:: WHAT TO DO ::
Check each line of the data for "RouterConfig", and copy the ones that have it.

:: SUPPLIED ENTRIES ::
• • • • • • •

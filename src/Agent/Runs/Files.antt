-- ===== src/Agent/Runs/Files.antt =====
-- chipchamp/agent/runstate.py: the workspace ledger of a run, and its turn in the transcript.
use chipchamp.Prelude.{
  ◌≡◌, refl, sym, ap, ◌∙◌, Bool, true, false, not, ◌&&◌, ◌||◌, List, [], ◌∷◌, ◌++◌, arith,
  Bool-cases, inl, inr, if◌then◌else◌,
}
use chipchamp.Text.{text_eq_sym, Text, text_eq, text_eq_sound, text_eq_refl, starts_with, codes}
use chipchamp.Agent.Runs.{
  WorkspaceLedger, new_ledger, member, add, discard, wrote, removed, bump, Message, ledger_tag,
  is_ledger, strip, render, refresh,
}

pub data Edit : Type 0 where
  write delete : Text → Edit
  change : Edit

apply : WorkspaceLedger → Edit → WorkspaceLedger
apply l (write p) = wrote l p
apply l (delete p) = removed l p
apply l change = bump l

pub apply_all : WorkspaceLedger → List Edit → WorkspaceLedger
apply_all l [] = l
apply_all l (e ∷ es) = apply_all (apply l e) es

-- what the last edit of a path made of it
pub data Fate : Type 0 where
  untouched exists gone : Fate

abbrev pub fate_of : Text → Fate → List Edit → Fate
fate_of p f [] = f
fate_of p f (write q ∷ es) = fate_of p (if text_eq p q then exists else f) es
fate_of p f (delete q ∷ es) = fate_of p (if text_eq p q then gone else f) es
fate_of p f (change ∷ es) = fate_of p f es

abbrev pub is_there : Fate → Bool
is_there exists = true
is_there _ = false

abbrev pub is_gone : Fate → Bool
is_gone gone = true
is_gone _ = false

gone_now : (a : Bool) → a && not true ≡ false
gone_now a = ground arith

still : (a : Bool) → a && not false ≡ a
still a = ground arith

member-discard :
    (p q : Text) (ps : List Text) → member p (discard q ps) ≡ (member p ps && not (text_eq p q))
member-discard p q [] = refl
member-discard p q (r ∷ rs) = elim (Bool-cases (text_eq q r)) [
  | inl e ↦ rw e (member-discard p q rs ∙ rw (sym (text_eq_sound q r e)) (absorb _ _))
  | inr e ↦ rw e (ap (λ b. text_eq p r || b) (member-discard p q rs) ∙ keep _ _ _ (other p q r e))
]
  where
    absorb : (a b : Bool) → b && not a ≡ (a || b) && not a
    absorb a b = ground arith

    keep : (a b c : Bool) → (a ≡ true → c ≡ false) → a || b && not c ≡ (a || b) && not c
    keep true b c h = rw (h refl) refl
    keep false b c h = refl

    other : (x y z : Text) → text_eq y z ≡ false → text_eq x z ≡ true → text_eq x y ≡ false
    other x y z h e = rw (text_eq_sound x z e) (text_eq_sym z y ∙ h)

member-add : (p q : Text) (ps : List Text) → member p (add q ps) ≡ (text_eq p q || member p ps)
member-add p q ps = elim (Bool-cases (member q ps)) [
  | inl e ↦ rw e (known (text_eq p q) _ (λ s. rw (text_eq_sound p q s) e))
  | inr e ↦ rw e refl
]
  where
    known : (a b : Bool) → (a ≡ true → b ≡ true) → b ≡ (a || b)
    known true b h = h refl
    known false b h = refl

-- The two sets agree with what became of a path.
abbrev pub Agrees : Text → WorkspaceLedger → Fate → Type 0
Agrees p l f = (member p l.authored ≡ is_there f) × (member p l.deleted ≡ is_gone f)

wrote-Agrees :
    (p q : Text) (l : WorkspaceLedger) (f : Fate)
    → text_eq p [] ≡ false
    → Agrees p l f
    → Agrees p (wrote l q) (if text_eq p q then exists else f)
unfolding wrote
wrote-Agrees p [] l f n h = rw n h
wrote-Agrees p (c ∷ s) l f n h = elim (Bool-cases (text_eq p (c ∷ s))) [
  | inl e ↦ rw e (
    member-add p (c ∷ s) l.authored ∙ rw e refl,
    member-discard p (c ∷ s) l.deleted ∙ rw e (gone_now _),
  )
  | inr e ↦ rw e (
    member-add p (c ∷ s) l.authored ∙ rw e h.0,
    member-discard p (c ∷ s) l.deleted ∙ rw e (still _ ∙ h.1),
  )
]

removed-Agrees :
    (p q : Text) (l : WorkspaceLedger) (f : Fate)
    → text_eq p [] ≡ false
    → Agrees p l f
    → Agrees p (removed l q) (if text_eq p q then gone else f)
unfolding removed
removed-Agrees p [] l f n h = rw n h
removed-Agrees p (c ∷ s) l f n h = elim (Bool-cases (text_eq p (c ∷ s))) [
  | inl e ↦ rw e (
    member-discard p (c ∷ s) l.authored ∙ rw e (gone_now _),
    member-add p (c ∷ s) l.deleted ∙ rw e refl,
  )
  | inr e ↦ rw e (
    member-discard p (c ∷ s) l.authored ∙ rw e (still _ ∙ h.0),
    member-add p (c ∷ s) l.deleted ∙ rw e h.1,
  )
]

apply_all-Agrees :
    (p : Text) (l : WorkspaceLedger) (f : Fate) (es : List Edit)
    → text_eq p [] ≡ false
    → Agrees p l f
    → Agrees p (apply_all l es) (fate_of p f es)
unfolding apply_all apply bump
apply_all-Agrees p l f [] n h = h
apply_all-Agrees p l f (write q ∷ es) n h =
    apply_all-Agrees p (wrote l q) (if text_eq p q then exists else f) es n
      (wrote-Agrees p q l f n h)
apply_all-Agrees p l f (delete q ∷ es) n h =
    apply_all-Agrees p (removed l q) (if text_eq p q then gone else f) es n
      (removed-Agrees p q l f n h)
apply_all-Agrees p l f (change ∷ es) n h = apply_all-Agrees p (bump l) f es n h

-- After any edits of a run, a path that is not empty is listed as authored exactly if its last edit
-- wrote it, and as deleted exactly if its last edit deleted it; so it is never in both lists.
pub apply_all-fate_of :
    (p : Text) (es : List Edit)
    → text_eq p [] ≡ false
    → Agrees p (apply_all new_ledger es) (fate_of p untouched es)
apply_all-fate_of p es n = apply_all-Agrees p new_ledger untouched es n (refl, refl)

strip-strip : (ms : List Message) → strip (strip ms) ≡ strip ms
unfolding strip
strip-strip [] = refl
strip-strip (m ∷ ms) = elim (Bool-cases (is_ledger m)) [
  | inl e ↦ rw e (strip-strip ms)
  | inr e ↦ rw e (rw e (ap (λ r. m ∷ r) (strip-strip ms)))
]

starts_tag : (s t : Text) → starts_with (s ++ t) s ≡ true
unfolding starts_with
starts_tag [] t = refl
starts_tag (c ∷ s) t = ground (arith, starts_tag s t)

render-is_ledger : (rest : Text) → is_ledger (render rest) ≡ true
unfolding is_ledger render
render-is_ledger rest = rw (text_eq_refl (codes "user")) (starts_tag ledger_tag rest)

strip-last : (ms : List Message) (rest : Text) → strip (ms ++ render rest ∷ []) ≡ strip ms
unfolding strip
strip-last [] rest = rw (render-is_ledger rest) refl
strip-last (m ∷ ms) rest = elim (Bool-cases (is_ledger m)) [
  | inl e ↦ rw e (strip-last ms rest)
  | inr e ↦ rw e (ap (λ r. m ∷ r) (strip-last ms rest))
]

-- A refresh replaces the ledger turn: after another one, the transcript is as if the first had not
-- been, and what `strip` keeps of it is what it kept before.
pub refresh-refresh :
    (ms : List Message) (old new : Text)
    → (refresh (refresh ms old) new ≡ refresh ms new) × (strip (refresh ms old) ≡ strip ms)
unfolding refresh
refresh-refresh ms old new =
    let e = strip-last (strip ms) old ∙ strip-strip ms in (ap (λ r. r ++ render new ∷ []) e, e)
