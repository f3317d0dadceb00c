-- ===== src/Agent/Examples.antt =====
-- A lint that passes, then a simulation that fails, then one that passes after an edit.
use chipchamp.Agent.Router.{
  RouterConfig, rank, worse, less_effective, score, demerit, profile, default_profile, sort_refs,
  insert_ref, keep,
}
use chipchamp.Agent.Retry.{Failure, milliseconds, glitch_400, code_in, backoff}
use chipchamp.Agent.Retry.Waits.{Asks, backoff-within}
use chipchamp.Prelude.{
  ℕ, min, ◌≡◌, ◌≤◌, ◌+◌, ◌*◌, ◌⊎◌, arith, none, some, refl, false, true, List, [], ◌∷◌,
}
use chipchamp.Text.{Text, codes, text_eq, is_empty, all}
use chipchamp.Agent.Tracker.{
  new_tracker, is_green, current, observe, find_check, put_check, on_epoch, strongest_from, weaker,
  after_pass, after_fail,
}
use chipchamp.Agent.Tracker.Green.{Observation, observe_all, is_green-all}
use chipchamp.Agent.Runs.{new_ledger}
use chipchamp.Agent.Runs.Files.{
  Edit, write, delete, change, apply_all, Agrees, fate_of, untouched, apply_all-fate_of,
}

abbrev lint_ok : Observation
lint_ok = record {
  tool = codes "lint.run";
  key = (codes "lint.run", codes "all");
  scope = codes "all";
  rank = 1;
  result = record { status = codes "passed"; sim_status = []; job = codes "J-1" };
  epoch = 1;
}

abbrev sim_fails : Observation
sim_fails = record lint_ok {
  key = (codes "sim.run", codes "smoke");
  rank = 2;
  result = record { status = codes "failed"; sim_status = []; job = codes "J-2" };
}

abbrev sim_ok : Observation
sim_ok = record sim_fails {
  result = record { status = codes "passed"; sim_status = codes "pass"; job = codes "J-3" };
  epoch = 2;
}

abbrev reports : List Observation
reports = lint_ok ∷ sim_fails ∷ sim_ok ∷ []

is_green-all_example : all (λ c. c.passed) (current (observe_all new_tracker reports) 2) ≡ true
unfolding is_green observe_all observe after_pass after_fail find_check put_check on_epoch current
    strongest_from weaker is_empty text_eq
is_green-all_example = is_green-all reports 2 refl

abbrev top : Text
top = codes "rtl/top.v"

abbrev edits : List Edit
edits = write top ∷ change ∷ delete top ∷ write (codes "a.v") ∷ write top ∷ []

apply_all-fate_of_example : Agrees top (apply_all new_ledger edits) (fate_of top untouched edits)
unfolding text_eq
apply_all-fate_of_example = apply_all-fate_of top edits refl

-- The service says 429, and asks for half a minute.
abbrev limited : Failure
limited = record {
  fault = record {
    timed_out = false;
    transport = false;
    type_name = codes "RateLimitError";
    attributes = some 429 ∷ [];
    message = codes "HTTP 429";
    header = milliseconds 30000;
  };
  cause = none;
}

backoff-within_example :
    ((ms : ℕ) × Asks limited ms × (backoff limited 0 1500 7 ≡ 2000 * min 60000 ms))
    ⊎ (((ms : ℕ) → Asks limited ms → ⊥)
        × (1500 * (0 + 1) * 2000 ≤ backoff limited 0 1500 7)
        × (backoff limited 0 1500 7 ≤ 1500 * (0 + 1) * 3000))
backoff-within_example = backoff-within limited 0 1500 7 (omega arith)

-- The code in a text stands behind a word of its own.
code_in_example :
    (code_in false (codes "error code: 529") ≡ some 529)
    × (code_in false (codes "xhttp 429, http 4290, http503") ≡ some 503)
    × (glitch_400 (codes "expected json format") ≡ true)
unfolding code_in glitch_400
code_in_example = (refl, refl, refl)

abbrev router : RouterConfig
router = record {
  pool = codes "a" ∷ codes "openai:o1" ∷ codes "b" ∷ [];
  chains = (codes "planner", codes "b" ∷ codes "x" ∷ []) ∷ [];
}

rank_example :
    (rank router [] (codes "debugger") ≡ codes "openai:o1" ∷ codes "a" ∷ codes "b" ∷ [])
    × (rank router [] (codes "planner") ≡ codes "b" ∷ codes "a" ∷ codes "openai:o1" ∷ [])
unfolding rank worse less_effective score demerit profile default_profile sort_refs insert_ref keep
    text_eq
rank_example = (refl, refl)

• • • • • • •

:: TASK SOLUTION ::
  RouterConfig, rank, worse, less_effective, score, demerit, profile, default_profile, sort_refs,
abbrev router : RouterConfig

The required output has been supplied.